··· Source material ···

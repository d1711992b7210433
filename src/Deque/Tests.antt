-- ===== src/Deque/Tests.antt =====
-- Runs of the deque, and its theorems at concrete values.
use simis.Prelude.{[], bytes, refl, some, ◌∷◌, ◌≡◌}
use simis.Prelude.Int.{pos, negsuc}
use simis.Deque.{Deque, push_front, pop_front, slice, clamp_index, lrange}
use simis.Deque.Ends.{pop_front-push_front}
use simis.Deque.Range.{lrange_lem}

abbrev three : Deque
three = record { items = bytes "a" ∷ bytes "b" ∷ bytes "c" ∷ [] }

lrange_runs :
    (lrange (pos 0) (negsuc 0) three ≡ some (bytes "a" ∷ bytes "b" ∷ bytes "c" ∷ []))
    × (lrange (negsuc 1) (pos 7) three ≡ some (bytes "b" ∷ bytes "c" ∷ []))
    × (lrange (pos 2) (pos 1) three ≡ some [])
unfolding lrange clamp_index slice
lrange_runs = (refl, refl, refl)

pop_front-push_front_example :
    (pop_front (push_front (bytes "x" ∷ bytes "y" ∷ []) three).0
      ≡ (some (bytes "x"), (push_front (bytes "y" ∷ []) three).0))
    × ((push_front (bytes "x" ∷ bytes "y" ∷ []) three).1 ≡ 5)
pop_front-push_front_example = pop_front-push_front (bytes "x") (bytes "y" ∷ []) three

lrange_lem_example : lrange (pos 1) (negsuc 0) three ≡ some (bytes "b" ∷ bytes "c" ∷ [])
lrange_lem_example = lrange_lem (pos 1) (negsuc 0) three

···
··· Source material ···

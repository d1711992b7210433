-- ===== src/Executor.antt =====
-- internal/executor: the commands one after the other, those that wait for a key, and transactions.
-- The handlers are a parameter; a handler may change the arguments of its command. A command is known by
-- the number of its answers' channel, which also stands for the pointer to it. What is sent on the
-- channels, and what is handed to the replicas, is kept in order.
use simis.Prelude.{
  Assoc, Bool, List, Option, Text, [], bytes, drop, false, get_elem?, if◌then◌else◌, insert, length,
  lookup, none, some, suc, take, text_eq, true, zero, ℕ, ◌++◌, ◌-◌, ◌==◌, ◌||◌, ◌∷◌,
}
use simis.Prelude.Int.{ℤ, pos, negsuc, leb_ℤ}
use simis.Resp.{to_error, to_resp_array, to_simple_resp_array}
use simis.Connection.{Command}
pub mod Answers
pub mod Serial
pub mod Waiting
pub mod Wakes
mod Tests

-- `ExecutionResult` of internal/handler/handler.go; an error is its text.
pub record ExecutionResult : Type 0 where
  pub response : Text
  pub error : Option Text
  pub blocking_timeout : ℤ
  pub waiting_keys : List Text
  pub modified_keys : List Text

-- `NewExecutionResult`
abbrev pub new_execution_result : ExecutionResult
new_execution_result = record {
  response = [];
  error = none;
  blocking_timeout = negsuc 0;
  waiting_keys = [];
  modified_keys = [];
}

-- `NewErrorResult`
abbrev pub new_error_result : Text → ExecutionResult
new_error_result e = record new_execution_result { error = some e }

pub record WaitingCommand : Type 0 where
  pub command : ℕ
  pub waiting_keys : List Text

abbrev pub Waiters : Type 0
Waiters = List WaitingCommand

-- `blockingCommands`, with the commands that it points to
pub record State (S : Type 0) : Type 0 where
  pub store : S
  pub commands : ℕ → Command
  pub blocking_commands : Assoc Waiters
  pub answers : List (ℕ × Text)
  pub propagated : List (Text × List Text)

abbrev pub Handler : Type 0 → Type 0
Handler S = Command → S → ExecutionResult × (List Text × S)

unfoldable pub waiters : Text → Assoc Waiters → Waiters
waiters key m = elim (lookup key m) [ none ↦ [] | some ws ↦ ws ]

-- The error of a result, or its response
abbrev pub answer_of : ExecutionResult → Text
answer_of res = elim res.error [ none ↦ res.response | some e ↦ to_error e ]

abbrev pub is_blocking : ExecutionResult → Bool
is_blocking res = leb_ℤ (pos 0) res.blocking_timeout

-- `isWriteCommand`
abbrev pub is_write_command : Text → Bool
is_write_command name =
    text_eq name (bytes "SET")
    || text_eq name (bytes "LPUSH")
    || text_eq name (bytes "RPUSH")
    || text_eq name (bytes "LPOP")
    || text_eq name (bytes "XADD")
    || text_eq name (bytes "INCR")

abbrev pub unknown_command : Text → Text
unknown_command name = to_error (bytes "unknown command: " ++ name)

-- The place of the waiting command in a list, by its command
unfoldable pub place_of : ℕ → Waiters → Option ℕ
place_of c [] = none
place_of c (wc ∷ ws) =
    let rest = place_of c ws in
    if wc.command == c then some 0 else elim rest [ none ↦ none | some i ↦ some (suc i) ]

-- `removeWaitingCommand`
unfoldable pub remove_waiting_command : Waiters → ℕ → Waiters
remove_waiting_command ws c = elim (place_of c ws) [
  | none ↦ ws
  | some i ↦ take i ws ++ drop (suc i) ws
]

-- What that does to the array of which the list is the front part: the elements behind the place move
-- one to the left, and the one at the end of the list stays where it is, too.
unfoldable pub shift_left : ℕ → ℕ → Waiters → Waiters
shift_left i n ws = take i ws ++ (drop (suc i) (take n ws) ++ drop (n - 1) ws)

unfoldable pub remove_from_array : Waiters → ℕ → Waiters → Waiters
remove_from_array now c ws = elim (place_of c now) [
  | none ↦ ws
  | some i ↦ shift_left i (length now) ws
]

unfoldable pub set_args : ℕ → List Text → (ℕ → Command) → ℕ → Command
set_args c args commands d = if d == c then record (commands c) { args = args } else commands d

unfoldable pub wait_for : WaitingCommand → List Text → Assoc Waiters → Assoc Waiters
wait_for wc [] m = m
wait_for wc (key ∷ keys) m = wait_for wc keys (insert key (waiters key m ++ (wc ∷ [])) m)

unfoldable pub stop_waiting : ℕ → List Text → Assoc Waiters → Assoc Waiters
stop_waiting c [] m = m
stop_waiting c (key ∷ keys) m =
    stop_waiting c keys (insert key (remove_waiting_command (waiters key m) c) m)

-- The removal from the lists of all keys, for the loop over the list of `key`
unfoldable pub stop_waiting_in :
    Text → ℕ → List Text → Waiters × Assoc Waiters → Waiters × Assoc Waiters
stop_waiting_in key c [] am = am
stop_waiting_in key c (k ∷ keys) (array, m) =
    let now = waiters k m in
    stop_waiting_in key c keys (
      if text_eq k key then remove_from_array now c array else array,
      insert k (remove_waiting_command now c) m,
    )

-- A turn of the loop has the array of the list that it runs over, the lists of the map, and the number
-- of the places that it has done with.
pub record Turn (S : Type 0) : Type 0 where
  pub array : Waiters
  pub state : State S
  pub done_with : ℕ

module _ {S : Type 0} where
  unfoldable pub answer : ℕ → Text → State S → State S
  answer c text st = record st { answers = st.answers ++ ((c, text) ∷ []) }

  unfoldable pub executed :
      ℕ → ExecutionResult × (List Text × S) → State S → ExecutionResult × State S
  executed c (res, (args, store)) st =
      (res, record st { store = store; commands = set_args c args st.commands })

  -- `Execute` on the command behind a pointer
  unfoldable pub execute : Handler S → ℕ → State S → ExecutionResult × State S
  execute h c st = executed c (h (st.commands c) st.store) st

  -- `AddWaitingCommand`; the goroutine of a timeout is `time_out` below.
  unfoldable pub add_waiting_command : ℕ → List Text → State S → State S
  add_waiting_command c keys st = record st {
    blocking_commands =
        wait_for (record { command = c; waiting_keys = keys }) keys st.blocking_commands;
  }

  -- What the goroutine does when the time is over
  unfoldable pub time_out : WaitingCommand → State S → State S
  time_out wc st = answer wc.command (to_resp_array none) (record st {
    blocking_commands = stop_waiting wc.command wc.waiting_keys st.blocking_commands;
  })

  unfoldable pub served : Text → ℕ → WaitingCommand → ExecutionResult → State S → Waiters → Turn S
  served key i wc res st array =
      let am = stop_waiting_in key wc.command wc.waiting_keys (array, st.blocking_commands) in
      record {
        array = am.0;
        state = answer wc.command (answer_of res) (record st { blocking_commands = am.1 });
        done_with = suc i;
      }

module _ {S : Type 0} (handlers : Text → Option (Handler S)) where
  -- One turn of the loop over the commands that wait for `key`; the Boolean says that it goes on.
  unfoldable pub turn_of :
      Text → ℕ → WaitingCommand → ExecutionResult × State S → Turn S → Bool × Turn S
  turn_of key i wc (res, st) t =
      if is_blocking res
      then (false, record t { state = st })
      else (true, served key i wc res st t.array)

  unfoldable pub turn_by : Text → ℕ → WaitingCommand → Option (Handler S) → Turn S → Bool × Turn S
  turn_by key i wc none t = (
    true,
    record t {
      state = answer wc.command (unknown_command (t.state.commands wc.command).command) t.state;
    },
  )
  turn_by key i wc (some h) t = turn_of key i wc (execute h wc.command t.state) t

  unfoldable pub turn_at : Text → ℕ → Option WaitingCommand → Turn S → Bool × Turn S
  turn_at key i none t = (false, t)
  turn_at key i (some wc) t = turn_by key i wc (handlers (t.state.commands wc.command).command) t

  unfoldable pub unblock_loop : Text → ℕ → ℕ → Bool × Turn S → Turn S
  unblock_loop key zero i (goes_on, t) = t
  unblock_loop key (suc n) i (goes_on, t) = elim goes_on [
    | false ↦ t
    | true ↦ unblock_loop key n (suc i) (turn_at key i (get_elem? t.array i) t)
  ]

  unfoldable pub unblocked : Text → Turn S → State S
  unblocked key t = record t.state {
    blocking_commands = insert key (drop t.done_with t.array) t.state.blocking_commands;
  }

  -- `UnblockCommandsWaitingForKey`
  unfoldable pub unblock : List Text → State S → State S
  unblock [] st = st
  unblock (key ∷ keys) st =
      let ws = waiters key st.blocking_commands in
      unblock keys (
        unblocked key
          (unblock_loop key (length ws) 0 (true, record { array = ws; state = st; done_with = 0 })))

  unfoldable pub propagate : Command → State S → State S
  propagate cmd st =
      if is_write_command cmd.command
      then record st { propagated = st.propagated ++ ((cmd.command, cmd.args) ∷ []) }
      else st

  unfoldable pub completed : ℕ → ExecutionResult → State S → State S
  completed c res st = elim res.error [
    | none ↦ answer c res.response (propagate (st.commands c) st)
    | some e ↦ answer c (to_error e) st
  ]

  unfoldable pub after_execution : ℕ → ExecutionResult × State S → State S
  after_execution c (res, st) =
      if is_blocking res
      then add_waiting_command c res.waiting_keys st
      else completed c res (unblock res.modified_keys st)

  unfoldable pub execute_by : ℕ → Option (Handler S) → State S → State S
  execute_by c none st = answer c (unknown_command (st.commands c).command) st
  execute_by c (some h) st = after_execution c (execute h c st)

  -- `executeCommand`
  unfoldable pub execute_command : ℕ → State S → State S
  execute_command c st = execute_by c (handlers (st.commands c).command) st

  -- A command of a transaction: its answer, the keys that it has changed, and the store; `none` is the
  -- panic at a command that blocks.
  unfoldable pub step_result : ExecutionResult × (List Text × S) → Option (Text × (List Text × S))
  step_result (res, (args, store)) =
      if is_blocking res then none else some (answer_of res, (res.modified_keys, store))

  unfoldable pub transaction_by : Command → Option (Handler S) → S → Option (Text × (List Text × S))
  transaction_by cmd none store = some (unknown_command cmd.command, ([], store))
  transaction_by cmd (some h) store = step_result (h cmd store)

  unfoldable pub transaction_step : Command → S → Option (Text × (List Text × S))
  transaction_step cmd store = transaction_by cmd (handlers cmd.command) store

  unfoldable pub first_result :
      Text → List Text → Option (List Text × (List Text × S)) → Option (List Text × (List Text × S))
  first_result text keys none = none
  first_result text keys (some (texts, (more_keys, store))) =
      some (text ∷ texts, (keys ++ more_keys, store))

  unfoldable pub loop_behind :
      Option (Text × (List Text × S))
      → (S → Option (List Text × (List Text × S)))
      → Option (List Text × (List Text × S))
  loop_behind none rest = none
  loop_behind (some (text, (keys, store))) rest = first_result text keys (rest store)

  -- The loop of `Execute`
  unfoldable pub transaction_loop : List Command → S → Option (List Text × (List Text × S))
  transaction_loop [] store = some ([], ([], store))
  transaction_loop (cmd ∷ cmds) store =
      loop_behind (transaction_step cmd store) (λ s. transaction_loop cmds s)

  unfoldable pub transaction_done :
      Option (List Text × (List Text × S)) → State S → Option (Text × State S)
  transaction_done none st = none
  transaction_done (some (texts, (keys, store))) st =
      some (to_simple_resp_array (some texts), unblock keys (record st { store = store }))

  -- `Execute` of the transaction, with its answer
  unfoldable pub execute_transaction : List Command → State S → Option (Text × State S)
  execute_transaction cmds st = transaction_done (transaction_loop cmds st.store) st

···

» Activity
In the listing above, find the line holding "transaction_by cmd none" and the line holding "first_result text keys none = none", then output those two lines and every line between them exactly.

» Solution for this task
  transaction_by cmd none store = some (unknown_command cmd.command, ([], store))
  transaction_by cmd (some h) store = step_result (h cmd store)

  unfoldable pub transaction_step : Command → S → Option (Text × (List Text × S))
  transaction_step cmd store = transaction_by cmd (handlers cmd.command) store

  unfoldable pub first_result :
      Text → List Text → Option (List Text × (List Text × S)) → Option (List Text × (List Text × S))
  first_result text keys none = none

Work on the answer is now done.